Brasil reforça laços com a África em diversas áreas no governo Lula

Nesta segunda-feira (25), celebra-se o Dia da África, um continente com o qual o Brasil tem fortalecido relações sob a administração de Luiz Inácio Lula da Silva. Este movimento visa diversificar os parceiros comerciais e reforçar laços culturais, diplomáticos, científicos e históricos com os países africanos.

Lula realizou sete viagens à África, incluindo visitas à África do Sul, Angola, São Tomé e Príncipe, Egito, Etiópia e Moçambique. Nos últimos três anos, o Brasil firmou acordos com países africanos em diversos setores como agricultura, aviação civil, defesa, saúde, educação e turismo.

Em Brasília, Lula recebeu seis chefes de Estado africanos, entre eles Patrice Talon, do Benim, Bola Tinubu, da Nigéria, e João Lourenço, de Angola, resultando na assinatura de acordos e memorandos de entendimento.

O Brasil foi o país que mais recebeu africanos escravizados, cerca de 4,8 milhões, entre os séculos 16 e 19. Durante o período colonial, a ligação com Angola era tão intensa que houve defesa da anexação de Angola ao Brasil recém-independente. Em abril deste ano, o Brasil assinou acordos com Angola para integrar arquivos históricos sobre a escravidão e aumentar a cooperação cultural.

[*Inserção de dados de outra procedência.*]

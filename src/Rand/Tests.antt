-- ===== src/Rand/Tests.antt =====
-- Runs of the generator of xutil/src/utilrand.cpp.
use netpool.Base.{◌≡◌, refl, [], ◌∷◌}
use netpool.Rand.{rand_init, rand_next, low_bytes, rand_str, letter, letters, rand_alphastr}

-- The process id does not matter.
seed_run : rand_init 1000 4242 77 ≡ (record { x = 1000; y = 0; z = 77; w = 77 })
unfolding rand_init
seed_run = refl

next_run : (rand_next (rand_init 1000 4242 77)).0 ≡ 2055398
unfolding rand_next rand_init
next_run = refl

-- The last two of six characters are numbers below 33.
alpha_run : (rand_alphastr 6 (rand_init 1000 4242 77)).0 ≡ 53 ∷ 108 ∷ 100 ∷ 97 ∷ 25 ∷ 2 ∷ []
unfolding rand_alphastr letters letter rand_next rand_init
alpha_run = refl

str_run : (rand_str 7 (rand_init 1000 4242 77)).0 ≡ 230 ∷ 92 ∷ 31 ∷ 0 ∷ 229 ∷ 92 ∷ 195 ∷ []
unfolding rand_str low_bytes rand_next rand_init
str_run = refl
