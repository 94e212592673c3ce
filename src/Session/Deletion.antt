-- ===== src/Session/Deletion.antt =====
-- What del_read_job() and del_write_job() of netpool/src/CNetPoll.cpp do to the job that they find, whatever
-- epoll_ctl answers.
use netpool.Base.{
  ℕ, ◌≡◌, refl, Bool, true, false, Option, none, some, List, ◌∷◌, ◌++◌, if◌then◌else◌, get_elem?,
  Bool-cases, inl, inr,
}
use netpool.NetPoll.{IoJob, NetPoll, CtlOp, ctl_del, ctl_mod, in_et, out_et, find_io_job}
use netpool.NetPoll.Ops.{
  after_ctl, ctl, del_read_from, del_write_from, del_read_job, del_write_job, put_back,
}

-- The job after `del_read_job`, and after `del_write_job`.
abbrev pub without_read : (free_func : ℕ) → IoJob → IoJob
without_read free_func j = record j {
  free_func = free_func;
  event_read = false;
  is_want_delete = if j.event_write then j.is_want_delete else true;
}

abbrev pub without_write : (free_func : ℕ) → IoJob → IoJob
without_write free_func j = record j {
  free_func = free_func;
  event_write = false;
  is_want_delete = if j.event_read then j.is_want_delete else true;
}

module _ {E : Type 0} (epoll_ctl : CtlOp → Option ℕ → (fd : ℕ) → E → Bool × E) (p : NetPoll) where
  -- The thread of the job has a place in m_epfd, which may hold -1.
  abbrev pub InRange : IoJob → Type 0
  InRange j = (epfd : Option ℕ) × (get_elem? p.epfds j.thrd_index ≡ some epfd)

  after_ctl_same :
      {X : Type 0} (index : ℕ) (op : CtlOp) (fd : ℕ) (e : E) (next : E → X) {epfd : Option ℕ}
      → get_elem? p.epfds index ≡ some epfd
      → (e' : E) × (after_ctl (ctl epoll_ctl p index op fd e) next next ≡ some (next e'))
  unfolding after_ctl ctl
  after_ctl_same index op fd e next {epfd} at = rw (at, ctl) (same (epoll_ctl op epfd fd e))
    where
      same : (r : Bool × E) → (e' : E) × (after_ctl (some r) next next ≡ some (next e'))
      same (true, e) = (e, refl)
      same (false, e) = (e, refl)

  pub del_read_from_lem :
      (free_func : ℕ) (j : IoJob) (e : E)
      → InRange j
      → (e' : E) × (del_read_from epoll_ctl free_func p j e
          ≡ some (true, without_read free_func j, e'))
  unfolding del_read_from
  del_read_from_lem free_func j e (epfd, at) = elim (Bool-cases j.event_write) [
    | inl w ↦ rw w (after_ctl_same j.thrd_index (ctl_mod (out_et j.addr)) j.fd e _ at)
    | inr w ↦ elim (Bool-cases j.event_read) [
      | inl r ↦ rw (w, r) (after_ctl_same j.thrd_index ctl_del j.fd e _ at)
      | inr r ↦ rw (w, r) (e, refl)
    ]
  ]

  pub del_write_from_lem :
      (free_func : ℕ) (j : IoJob) (e : E)
      → InRange j
      → (e' : E) × (del_write_from epoll_ctl free_func p j e
          ≡ some (true, without_write free_func j, e'))
  unfolding del_write_from
  del_write_from_lem free_func j e (epfd, at) = elim (Bool-cases j.event_read) [
    | inl r ↦ rw r (after_ctl_same j.thrd_index (ctl_mod (in_et j.addr)) j.fd e _ at)
    | inr r ↦ elim (Bool-cases j.event_write) [
      | inl w ↦ rw (w, r) (after_ctl_same j.thrd_index ctl_del j.fd e _ at)
      | inr w ↦ rw (w, r) (e, refl)
    ]
  ]

  -- The session with a job put back in its place.
  abbrev pub with_jobs : List IoJob → NetPoll
  with_jobs jobs = record p { io_jobs = jobs }

  pub del_read_job_found :
      (fd free_func : ℕ) (e : E) {before : List IoJob} {j : IoJob} {after : List IoJob}
      → find_io_job fd p.io_jobs ≡ some (before, j, after)
      → InRange j
      → (e' : E) × (del_read_job epoll_ctl fd free_func p e
          ≡ some (true, with_jobs (before ++ without_read free_func j ∷ after), e'))
  unfolding del_read_job put_back
  del_read_job_found fd free_func e {before} {j} {after} found at =
      let (e', run) = del_read_from_lem free_func j e at in (e', rw (found, del_read_job, run) refl)

  pub del_write_job_found :
      (fd free_func : ℕ) (e : E) {before : List IoJob} {j : IoJob} {after : List IoJob}
      → find_io_job fd p.io_jobs ≡ some (before, j, after)
      → InRange j
      → (e' : E) × (del_write_job epoll_ctl fd free_func p e
          ≡ some (true, with_jobs (before ++ without_write free_func j ∷ after), e'))
  unfolding del_write_job put_back
  del_write_job_found fd free_func e {before} {j} {after} found at =
      let (e', run) = del_write_from_lem free_func j e at in
      (e', rw (found, del_write_job, run) refl)

  pub del_write_job-none :
      (fd free_func : ℕ) (e : E)
      → find_io_job fd p.io_jobs ≡ none
      → del_write_job epoll_ctl fd free_func p e ≡ some (true, p, e)
  unfolding del_write_job
  del_write_job-none fd free_func e found = rw (found, del_write_job) refl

O embaixador Carlos Sérgio Sobral Duarte, do Ministério das Relações Exteriores, destacou que o protecionismo dos países desenvolvidos e as afinidades histórico-culturais do Brasil com a África contribuem para ampliar as parcerias. Ele ressaltou as oportunidades econômicas e comerciais no continente africano, que possui 1,5 bilhões de habitantes, sendo mais de 60% com menos de 25 anos.

Para marcar o Dia da África, o Itamaraty realiza um seminário sobre parcerias entre os países, enquanto Lula participa do 1º Fórum de Reitores Brasil-África, organizado pelo Ministério da Educação.

Na cerimônia no Itamaraty, o embaixador de Camarões, Martin Agbor Mbeng, agradeceu o voto do Brasil na ONU para reconhecer a escravidão de africanos como um dos maiores crimes contra a humanidade. Ele destacou o potencial de instituições brasileiras como Fiocruz e Embrapa para colaborar com o continente africano.

Apesar da relação histórica, a África respondeu por apenas 5,70% do fluxo comercial do Brasil em 2025. O comércio com a África cresceu 52% desde 2020, mas ainda há espaço para expansão, conforme apontou o embaixador Carlos Sérgio Sobral Duarte.

A professora Elga Lessa de Almeida observou que as condições econômicas atuais são menos favoráveis para a integração Brasil-África, comparado aos primeiros governos de Lula. O presidente defende o retorno da atuação da Petrobras e do BNDES na África.

O Ministério da Ciência e Tecnologia anunciou o relançamento do Programa de Cooperação Afro-Brasileira em Ciência e Tecnologia ProÁfrica, com investimento de R$ 25 milhões. A ministra Luciana Santos destacou o compromisso do governo em aproximar as comunidades científicas e desenvolver soluções inovadoras para desafios comuns ao Brasil e à África.